I do it because I LOVE archery always have!!!! Beating you guys is just an added bonus!:first: :tongue:


----------



## archery101 (Sep 9, 2006)

*why do chicks like tractors*

:gossip: :gossip: :gossip: :gossip: all chicks ive met loved tractors why idk????????????????????lol:darkbeer: :darkbeer: ukey:


----------



## spookit (Sep 10, 2006)

*she shoots*

MY GIRLFRIEND TOOK IT UP SINCE I WAS GONE EVERY WEEKEND FOR 05 AND 06 YEAR OF ARCHERY,SHE STARTED OUT WITH A WHITETAIL 2 SHORTENED AS FAR IT WOULD GO WAY TO LANG FOR HER IT WAS 3/4 THE SIZE OF HER BUT THIS YEAR SHE STARTED WITH A BOW FITTED FOR HER SIZE 5'3 125 LBS. SHE SHOT EVERY 3D TOURNAMENT THAT WAS IN OUR AREA AND HALFWAY THROUGH THE SUMMER TOOK UP TRADITIONAL AND SHOOTS BOTH CLASSES IN WOMANS CLASSES.TOOK HER RIFLE HUNTING TWO YEARS AGO AND IN ONE WEEK OF THE WEEKEND I TOOK HER SHE:tongue: BOUGHT A RIFLE AND SIGHTED IT IN AND KILLED FIRST DEER AT 175 YARDS. ONE SHOT ONE KILL LADY OF MINE.


----------



## sambow (Mar 26, 2005)

also for me archery is more challenging than gun hunting....when ur out there hunting so many things can go wrong when u have a bow...they have to be close enough...u have to draw without then seeing u...u cant hit any brush at all with ur arrow....judge ur yardage...then u have to have good shot placement, im not saying gun hunting aint challenging but bowhunting is more difficult....and i dont know about other girls but i definatly enjoy that challenge!!!


----------



## archer Jordan (Aug 2, 2006)

*i donno*

i donno why girls likes archery but i like it i went to a 3d shoot today and my gosh they was more girls there than boys


----------



## slayrX (Jul 24, 2006)

I have to agree with sambow it is a true challenge. I think any one can pick a properly sighted gun up and kill an animal at 200 yards pretty easily. I like hunting elk and you get a major adraline rush when you have elk only 30 yards away and there screaming and running back and forth. not to mention your sitting in the middle of this trying not to get ran over by one while your sitting on the ground in aw at what your witnessing in from of your own eyes. and when you see your arrow in flight and make contact you just want to explode with adreniline


----------



## trykon286 (Jun 13, 2006)

ive never picked up a chick by teling them i bowhunt, thats what the camaro isfor.


----------



## youthhunter3 (Jan 16, 2006)

i tihnk the girls join 1 reason its an awsome sport that requiers patience wich they have no testoterone build up there and in my town anyways to be around me no but after i invited them out once they'ra hooked then they go and slaghter me in 2 years and i guess it makes em feel better that they are finally better at doing something than us boys (don't get me worng you can do alot of other stuff better than us almost everything anyways) but yeah there is no resone i have met anybody who doesn't like archery seriouly when was the last time you heard someone after thier first time saying archery sucks ill never try it again it is almost no one


----------



## Makiro-archer (Sep 26, 2006)

HELLO why do guys like archery we gurls don't have to be at home cooking and cleaning all day.Guys think they are the only ones who are aloud to do cool stuff i realy hate that about people who think that guys are the stronger of the guy gurl world we are equal hummanbeings so what we may not like mood some times or killing something but hey some times we just like it.


----------



## countryboy89 (Sep 11, 2006)

*I dunno*

I dunno why gurls like archery, I aint never got a date when I told a gurl that I bowhunt.

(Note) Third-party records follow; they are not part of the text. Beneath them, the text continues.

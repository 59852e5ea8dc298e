-- ===== src/Kernel/Scheduler/Ready/Priority.antt =====
-- scheduler_change_task_priority, by the fields and lists that it leaves alone.
use rpitos.Prelude.{
  ℕ, ◌<◌, ◌≤◌, ◌≡◌, ◌∙◌, false, none, some, arith, update, if◌then◌else◌, ◌==◌, Bool-cases,
  Option-cases, inl, inr,
}
use rpitos.Kernel.Links.{
  Links, state_item, unlink, unlink_ready, push_back_ready, bypass_prev, bypass_next, advance_index,
  clear_item, join_end,
}
use rpitos.Kernel.Links.PushBack.{list-push_back_ready_ne}
use rpitos.Kernel.State.{Kernel, set_state, ready, in_ready}
use rpitos.Kernel.Scheduler.Ready.{
  out_of_range, own_ready_list, enqueue, add_to_ready_list, leave_list, set_priority,
  change_task_priority,
}

-- State items are in lists of the scheduler only.
abbrev pub IsApart : Links → Type 0
IsApart m = (t c : ℕ) → (m.item (state_item t)).container ≡ some c → c < 28

container-bypass_prev :
    (i l a : ℕ) (m : Links) → ((bypass_prev i l m).item a).container ≡ (m.item a).container
unfolding bypass_prev
container-bypass_prev i l a m = ground arith

container-bypass_next :
    (i l a : ℕ) (m : Links) → ((bypass_next i l m).item a).container ≡ (m.item a).container
unfolding bypass_next
container-bypass_next i l a m = ground arith

container-unlink_ready :
    (i l a : ℕ) (m : Links)
    → ((unlink_ready i l m).item a).container ≡ (if a == i then none else (m.item a).container)
unfolding unlink_ready advance_index clear_item
container-unlink_ready i l a m =
    ground (arith, container-bypass_next i l a (bypass_prev i l m), container-bypass_prev i l a m)

pub container-unlink :
    (i l a : ℕ) (m : Links)
    → ((unlink i l m).item a).container ≡ (if a == i then none else (m.item a).container)
unfolding unlink clear_item
container-unlink i l a m =
    ground (arith, container-bypass_next i l a (bypass_prev i l m), container-bypass_prev i l a m)

container-push_back_ready :
    (i t l a : ℕ) (m : Links)
    → ((push_back_ready i t l m).item a).container
      ≡ (if a == i then some l else (m.item a).container)
unfolding push_back_ready join_end
container-push_back_ready i t l a m = ground arith

tcb-leave_list : (t a : ℕ) (k : Kernel) → (leave_list t k).tcb a ≡ k.tcb a
tcb-leave_list t a k = elim (Option-cases ((k.links.item (state_item t)).container)) [
  | inl e ↦ rw (e, leave_list)
  | inr (l, e) ↦ rw (e, leave_list)
]

pub tcb-add_to_ready_list :
    (t a : ℕ) (k : Kernel)
    → (add_to_ready_list (some t) k).1.tcb a ≡ (
        if out_of_range (k.tcb t)
        then k.tcb a
        else update k.tcb t (record (k.tcb t) { current_state = ready }) a)
unfolding add_to_ready_list enqueue
tcb-add_to_ready_list t a k = elim (Bool-cases (out_of_range (k.tcb t))) [
  | inl e ↦ rw e
  | inr e ↦ rw e
]

-- The task moves to the ready list of its new priority.
abbrev moved : ℕ → ℕ → Kernel → Kernel
moved t p k = (add_to_ready_list (some t) (set_priority t p (leave_list t k))).1

tcb-moved :
    (t p a : ℕ) (k : Kernel)
    → (set_state t (k.tcb t).current_state (moved t p k)).tcb a
      ≡ update k.tcb t (record (k.tcb t) { priority = p }) a
tcb-moved t p a k =
    let k1 = set_priority t p (leave_list t k) in
    ground (
      arith,
      tcb-add_to_ready_list t a k1,
      tcb-add_to_ready_list t t k1,
      tcb-leave_list t a k,
      tcb-leave_list t t k,
    )

-- Only the priority of the task changes.
pub tcb-change_task_priority :
    (t p a : ℕ) (k : Kernel)
    → (change_task_priority t p k).tcb a ≡ update k.tcb t (record (k.tcb t) { priority = p }) a
unfolding change_task_priority
tcb-change_task_priority t p a k = elim (Bool-cases (in_ready (k.tcb t).current_state)) [
  | inl e ↦ rw e (tcb-moved t p a k)
  | inr e ↦ rw e
]

list-unlink_ready_other :
    (i c d : ℕ) (m : Links) → (d == c) ≡ false → (unlink_ready i c m).list d ≡ m.list d
unfolding unlink_ready
list-unlink_ready_other i c d m h = ground arith

-- The lists of mutexes and semaphores stay as they were, and apart.
list-leave_list :
    (t d : ℕ) (k : Kernel)
    → 28 ≤ d
    → IsApart k.links
    → (leave_list t k).links.list d ≡ k.links.list d
list-leave_list t d k h apart = elim (Option-cases ((k.links.item (state_item t)).container)) [
  | inl e ↦ rw (e, leave_list)
  | inr (l, e) ↦
      rw (e, leave_list)
        (ground (arith, list-unlink_ready_other (state_item t) l d k.links, apart t l e))
]

IsApart-leave_list : (t : ℕ) (k : Kernel) → IsApart k.links → IsApart (leave_list t k).links
IsApart-leave_list t k apart u c = elim (Option-cases ((k.links.item (state_item t)).container)) [
  | inl e ↦ rw (e, leave_list) (apart u c)
  | inr (l, e) ↦
      rw (e, leave_list)
        (λ h.
          ground
            (arith, h, container-unlink_ready (state_item t) l (state_item u) k.links, apart u c))
]

pub list-add_to_ready_list :
    (t d : ℕ) (k : Kernel) → 28 ≤ d → (add_to_ready_list (some t) k).1.links.list d ≡ k.links.list d
unfolding add_to_ready_list enqueue
list-add_to_ready_list t d k h =
    ground (arith, list-push_back_ready_ne (state_item t) t (own_ready_list (k.tcb t)) k.links d)

IsApart-add_to_ready_list :
    (t : ℕ) (k : Kernel) → IsApart k.links → IsApart (add_to_ready_list (some t) k).1.links
unfolding add_to_ready_list enqueue
IsApart-add_to_ready_list t k apart u c h = ground (
  arith,
  h,
  container-push_back_ready (state_item t) t (own_ready_list (k.tcb t)) (state_item u) k.links,
  apart u c,
)

pub list-change_task_priority :
    (t p d : ℕ) (k : Kernel)
    → 28 ≤ d
    → IsApart k.links
    → (change_task_priority t p k).links.list d ≡ k.links.list d
unfolding change_task_priority
list-change_task_priority t p d k h apart = elim (Bool-cases (in_ready (k.tcb t).current_state)) [
  | inl e ↦ rw e (
      list-add_to_ready_list t d (set_priority t p (leave_list t k)) h
      ∙ list-leave_list t d k h apart)
  | inr e ↦ rw e
]

pub IsApart-change_task_priority :
    (t p : ℕ) (k : Kernel) → IsApart k.links → IsApart (change_task_priority t p k).links
unfolding change_task_priority
IsApart-change_task_priority t p k apart = elim (Bool-cases (in_ready (k.tcb t).current_state)) [
  | inl e ↦ rw e (
      IsApart-add_to_ready_list t (set_priority t p (leave_list t k))
        (IsApart-leave_list t k apart))
  | inr e ↦ rw e apart
]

I wish I could get a girlfriend that would go bowhunting with me!


----------



## Bowtech_PatDual (Jul 11, 2006)

i think any girl that shoots a bow is HOT!!!


----------



## Obsession (Nov 11, 2003)

I believe there is just more and more women becoming involved in the sport is all...it's nice to see


----------



## mbuemi (Aug 7, 2006)

Well have you told your friend to hang out at the martin booth if he wants girls


----------



## kegan (Aug 28, 2006)

i got into archery for the great food (and bones for tools, sinew, hides, etc.) and loved it just cause of that. then my buddy told me he took a female friend of his out shooting and two days later she asked HIM out. i was stunned. i started thinking about it (as i do most things) and come up with a few conclusions (but i'm a guy so what do oi know?):
1. quiet kill- as was said. 
2. archers have different body forms than gun nuts (leaner, slimmer, less body needed for "kick", more muscle for heavy bows)
3. they like it too


any thoughts ladies? did i get close?


----------



## kegan (Aug 28, 2006)

sambow said:


> ...u have to draw without then seeing u...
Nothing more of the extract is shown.